*Task brief*:
Where the material below has a line containing "filename src/Storefront/Adding.antt", start repeating exactly, and keep going through the line containing "-- API, and", with no other lines.

:::::

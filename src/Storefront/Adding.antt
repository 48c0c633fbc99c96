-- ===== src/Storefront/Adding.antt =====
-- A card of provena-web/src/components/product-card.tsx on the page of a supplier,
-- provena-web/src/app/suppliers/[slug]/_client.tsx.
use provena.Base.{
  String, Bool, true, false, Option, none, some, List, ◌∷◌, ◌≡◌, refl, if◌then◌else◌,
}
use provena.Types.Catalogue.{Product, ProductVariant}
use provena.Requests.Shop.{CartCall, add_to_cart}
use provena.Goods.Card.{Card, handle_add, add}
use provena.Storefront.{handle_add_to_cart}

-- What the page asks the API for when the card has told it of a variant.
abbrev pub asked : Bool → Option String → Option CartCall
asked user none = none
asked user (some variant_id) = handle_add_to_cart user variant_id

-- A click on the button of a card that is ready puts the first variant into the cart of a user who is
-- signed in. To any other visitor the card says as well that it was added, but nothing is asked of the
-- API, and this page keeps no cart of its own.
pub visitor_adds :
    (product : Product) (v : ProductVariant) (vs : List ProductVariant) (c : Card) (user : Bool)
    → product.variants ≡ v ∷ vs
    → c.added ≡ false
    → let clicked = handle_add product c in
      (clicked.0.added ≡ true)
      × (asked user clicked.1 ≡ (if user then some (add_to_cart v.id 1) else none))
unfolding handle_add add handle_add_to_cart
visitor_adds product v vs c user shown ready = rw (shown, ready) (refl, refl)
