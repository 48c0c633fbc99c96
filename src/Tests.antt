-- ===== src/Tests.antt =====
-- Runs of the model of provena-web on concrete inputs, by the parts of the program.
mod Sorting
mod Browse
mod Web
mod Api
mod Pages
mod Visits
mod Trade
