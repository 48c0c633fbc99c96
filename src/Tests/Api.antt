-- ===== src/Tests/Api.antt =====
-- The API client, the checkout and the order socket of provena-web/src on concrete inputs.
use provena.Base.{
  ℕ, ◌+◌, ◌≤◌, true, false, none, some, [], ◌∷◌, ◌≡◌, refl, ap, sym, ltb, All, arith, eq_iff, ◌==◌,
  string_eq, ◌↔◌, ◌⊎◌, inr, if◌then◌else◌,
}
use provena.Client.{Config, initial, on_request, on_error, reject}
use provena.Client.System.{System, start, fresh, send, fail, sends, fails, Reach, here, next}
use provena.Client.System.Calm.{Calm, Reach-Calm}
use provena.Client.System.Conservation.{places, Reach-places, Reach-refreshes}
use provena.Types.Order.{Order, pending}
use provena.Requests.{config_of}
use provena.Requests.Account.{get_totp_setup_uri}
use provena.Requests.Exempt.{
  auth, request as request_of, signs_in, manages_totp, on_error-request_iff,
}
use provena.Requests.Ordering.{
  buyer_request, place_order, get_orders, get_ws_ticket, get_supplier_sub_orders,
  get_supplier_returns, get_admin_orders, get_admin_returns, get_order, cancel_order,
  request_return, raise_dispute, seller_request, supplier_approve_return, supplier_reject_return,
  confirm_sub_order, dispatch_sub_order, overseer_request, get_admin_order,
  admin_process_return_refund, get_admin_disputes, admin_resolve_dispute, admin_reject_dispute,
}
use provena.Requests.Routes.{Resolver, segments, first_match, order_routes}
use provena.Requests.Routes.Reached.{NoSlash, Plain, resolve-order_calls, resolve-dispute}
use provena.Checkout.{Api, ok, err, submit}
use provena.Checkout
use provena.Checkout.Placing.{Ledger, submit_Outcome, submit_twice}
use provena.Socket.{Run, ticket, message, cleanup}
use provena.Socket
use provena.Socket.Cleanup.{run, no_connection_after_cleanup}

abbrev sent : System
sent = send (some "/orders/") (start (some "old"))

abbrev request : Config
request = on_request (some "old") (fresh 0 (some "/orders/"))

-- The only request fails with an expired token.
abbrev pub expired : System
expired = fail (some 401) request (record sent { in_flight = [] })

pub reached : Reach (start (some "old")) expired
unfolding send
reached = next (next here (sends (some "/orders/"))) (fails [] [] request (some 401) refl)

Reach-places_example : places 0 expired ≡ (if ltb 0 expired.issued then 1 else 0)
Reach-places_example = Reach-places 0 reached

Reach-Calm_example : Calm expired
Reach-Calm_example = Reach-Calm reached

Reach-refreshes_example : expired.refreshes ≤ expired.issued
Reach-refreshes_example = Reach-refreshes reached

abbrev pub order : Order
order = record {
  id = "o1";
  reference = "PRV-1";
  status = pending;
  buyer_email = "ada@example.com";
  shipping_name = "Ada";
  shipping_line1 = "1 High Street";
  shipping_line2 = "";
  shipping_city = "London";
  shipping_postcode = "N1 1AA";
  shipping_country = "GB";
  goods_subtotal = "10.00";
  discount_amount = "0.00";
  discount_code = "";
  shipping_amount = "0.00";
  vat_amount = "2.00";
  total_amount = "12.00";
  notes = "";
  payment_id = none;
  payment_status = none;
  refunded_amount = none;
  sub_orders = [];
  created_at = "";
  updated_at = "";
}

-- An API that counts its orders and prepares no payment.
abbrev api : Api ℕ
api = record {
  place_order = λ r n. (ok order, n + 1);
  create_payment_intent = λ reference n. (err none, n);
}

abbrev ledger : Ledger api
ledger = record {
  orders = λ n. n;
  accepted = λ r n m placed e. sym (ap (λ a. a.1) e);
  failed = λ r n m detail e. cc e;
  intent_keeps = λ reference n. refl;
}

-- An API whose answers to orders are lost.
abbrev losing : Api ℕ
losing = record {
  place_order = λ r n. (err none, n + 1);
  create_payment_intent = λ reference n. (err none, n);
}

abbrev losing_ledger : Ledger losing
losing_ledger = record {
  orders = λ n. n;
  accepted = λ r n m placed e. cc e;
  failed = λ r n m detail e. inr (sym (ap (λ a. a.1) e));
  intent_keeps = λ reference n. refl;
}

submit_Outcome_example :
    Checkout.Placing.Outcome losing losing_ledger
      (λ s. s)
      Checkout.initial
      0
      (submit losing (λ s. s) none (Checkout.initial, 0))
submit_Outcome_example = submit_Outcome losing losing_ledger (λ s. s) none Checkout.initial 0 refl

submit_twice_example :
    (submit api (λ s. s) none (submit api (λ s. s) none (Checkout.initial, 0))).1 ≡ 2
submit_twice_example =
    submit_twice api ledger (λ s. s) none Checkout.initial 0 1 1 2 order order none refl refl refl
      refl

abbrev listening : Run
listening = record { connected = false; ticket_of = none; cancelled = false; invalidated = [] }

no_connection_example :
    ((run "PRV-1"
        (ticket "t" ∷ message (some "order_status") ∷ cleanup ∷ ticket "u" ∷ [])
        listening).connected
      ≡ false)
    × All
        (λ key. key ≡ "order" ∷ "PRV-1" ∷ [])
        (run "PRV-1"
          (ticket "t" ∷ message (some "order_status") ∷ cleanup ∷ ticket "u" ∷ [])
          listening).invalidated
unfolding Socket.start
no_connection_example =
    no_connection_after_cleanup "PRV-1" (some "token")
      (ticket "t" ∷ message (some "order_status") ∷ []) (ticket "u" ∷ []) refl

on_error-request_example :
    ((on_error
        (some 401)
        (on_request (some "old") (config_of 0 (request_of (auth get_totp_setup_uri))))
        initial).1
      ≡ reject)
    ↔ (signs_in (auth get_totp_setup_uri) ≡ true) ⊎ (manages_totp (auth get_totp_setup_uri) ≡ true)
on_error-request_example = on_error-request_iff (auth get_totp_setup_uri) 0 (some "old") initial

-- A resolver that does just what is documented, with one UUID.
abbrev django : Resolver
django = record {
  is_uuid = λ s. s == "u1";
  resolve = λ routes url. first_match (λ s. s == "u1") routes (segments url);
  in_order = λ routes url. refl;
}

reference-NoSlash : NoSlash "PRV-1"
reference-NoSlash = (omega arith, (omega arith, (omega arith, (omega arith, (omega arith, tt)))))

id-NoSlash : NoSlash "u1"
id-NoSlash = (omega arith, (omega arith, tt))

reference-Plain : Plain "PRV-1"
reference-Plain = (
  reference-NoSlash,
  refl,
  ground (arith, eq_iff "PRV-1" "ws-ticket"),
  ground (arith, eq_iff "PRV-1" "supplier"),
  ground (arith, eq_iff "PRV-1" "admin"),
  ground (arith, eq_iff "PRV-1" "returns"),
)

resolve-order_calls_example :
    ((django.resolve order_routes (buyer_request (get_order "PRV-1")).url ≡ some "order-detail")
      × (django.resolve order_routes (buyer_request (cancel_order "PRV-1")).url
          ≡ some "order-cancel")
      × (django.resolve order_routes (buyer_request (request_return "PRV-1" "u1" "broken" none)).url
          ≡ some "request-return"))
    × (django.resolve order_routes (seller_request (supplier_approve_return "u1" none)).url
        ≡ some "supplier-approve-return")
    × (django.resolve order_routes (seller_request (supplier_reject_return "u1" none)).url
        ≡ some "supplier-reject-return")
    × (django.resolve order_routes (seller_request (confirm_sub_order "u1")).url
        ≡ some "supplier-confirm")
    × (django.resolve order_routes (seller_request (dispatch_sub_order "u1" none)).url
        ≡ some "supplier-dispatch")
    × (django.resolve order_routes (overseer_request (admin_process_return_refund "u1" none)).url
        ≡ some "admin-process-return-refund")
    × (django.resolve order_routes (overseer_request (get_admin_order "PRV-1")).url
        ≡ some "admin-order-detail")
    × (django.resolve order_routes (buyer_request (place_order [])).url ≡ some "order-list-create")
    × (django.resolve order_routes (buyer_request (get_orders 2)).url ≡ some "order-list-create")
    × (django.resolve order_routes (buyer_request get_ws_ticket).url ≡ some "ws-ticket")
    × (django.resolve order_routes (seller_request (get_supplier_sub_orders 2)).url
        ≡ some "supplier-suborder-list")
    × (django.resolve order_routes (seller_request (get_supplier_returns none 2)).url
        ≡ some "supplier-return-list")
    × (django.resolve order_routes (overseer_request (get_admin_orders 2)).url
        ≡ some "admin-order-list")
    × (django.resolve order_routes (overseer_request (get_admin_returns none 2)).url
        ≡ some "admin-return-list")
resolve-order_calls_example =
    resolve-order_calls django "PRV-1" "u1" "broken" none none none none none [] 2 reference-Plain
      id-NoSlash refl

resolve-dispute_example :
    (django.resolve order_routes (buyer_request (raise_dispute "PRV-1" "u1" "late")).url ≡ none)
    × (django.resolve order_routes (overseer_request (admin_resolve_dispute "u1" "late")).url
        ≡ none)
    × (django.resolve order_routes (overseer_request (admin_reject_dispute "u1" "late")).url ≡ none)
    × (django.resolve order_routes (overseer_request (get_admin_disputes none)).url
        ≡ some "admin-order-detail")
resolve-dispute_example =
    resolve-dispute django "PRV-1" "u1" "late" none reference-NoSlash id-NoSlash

:::::

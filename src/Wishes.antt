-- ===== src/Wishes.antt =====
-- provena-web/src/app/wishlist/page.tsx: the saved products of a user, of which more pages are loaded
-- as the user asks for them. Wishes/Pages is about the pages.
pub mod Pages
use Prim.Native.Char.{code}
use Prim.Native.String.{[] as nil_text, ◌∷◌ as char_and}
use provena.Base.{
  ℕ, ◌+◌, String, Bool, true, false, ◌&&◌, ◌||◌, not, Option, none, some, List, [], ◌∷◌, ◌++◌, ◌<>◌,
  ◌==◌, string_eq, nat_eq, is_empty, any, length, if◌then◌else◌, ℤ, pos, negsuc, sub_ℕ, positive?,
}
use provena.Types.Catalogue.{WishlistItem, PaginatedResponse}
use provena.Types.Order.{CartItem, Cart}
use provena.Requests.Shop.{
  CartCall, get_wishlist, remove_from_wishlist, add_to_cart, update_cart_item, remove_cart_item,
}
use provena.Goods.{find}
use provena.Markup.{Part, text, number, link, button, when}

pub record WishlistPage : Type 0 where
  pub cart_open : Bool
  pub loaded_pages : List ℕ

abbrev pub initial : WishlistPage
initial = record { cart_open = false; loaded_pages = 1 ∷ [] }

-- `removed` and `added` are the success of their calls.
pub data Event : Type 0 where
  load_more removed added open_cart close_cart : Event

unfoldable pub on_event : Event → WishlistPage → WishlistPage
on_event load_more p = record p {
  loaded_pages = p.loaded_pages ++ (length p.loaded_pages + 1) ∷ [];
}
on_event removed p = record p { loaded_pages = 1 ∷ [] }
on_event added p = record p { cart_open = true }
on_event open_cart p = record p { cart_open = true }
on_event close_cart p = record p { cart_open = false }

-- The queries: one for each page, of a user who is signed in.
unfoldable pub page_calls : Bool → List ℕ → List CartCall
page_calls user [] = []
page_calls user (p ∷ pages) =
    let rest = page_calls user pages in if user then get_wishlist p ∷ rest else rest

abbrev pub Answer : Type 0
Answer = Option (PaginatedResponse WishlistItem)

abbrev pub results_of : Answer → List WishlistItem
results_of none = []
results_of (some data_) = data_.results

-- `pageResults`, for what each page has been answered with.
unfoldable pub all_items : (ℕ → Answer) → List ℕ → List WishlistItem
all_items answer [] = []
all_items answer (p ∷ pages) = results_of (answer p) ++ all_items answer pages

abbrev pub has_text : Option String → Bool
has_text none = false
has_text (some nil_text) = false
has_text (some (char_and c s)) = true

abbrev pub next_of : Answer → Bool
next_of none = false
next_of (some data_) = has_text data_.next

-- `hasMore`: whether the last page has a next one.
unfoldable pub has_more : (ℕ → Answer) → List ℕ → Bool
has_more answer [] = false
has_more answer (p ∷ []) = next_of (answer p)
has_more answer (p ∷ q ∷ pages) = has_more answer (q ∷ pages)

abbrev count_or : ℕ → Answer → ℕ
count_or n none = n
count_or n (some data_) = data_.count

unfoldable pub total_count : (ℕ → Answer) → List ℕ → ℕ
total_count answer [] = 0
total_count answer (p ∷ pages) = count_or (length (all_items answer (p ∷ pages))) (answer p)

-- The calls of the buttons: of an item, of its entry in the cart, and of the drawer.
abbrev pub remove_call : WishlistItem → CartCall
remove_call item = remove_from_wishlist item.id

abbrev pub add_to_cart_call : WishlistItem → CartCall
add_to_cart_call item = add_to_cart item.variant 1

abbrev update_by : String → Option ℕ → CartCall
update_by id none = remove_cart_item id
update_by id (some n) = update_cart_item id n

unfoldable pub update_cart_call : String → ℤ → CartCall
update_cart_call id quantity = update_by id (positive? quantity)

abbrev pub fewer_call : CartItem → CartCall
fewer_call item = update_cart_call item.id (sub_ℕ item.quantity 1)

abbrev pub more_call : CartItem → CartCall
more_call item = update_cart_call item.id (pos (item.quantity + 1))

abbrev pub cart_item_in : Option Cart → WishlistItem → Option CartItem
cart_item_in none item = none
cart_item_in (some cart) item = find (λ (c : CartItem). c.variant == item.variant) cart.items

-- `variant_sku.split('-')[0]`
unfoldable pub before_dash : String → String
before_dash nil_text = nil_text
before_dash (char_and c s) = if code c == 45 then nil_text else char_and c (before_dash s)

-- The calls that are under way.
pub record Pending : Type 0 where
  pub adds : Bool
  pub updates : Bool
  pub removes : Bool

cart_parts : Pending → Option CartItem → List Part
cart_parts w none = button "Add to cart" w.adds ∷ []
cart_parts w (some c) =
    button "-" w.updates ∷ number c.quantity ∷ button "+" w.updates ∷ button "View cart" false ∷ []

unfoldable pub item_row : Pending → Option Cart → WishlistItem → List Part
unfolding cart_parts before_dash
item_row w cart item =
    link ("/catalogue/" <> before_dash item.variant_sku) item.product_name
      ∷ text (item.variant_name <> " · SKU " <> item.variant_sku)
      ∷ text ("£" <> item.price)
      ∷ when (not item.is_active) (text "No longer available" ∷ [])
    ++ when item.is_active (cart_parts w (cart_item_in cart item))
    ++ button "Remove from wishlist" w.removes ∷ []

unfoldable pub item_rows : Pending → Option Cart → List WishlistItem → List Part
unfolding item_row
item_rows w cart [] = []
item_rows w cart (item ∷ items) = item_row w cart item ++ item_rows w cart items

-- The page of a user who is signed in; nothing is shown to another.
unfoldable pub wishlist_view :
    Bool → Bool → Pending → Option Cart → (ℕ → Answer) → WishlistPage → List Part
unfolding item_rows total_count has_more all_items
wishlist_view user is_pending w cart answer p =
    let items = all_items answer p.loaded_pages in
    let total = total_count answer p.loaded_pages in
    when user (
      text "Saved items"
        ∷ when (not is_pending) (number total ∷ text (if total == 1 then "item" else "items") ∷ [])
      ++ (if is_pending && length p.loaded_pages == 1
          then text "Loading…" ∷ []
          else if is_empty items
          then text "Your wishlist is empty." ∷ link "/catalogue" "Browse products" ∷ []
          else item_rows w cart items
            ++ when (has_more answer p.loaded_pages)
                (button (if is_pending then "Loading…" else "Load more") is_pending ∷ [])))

:::::

*Solution for this task*:
filename src/Storefront/Adding.antt
repository 48c0c633fbc99c96
-- ===== src/Storefront/Adding.antt =====
-- A card of provena-web/src/components/product-card.tsx on the page of a supplier,
-- provena-web/src/app/suppliers/[slug]/_client.tsx.
use provena.Base.{
  String, Bool, true, false, Option, none, some, List, ◌∷◌, ◌≡◌, refl, if◌then◌else◌,
}
use provena.Types.Catalogue.{Product, ProductVariant}
use provena.Requests.Shop.{CartCall, add_to_cart}
use provena.Goods.Card.{Card, handle_add, add}
use provena.Storefront.{handle_add_to_cart}

-- What the page asks the API for when the card has told it of a variant.
abbrev pub asked : Bool → Option String → Option CartCall
asked user none = none
asked user (some variant_id) = handle_add_to_cart user variant_id

-- A click on the button of a card that is ready puts the first variant into the cart of a user who is
-- signed in. To any other visitor the card says as well that it was added, but nothing is asked of the
-- API, and this page keeps no cart of its own.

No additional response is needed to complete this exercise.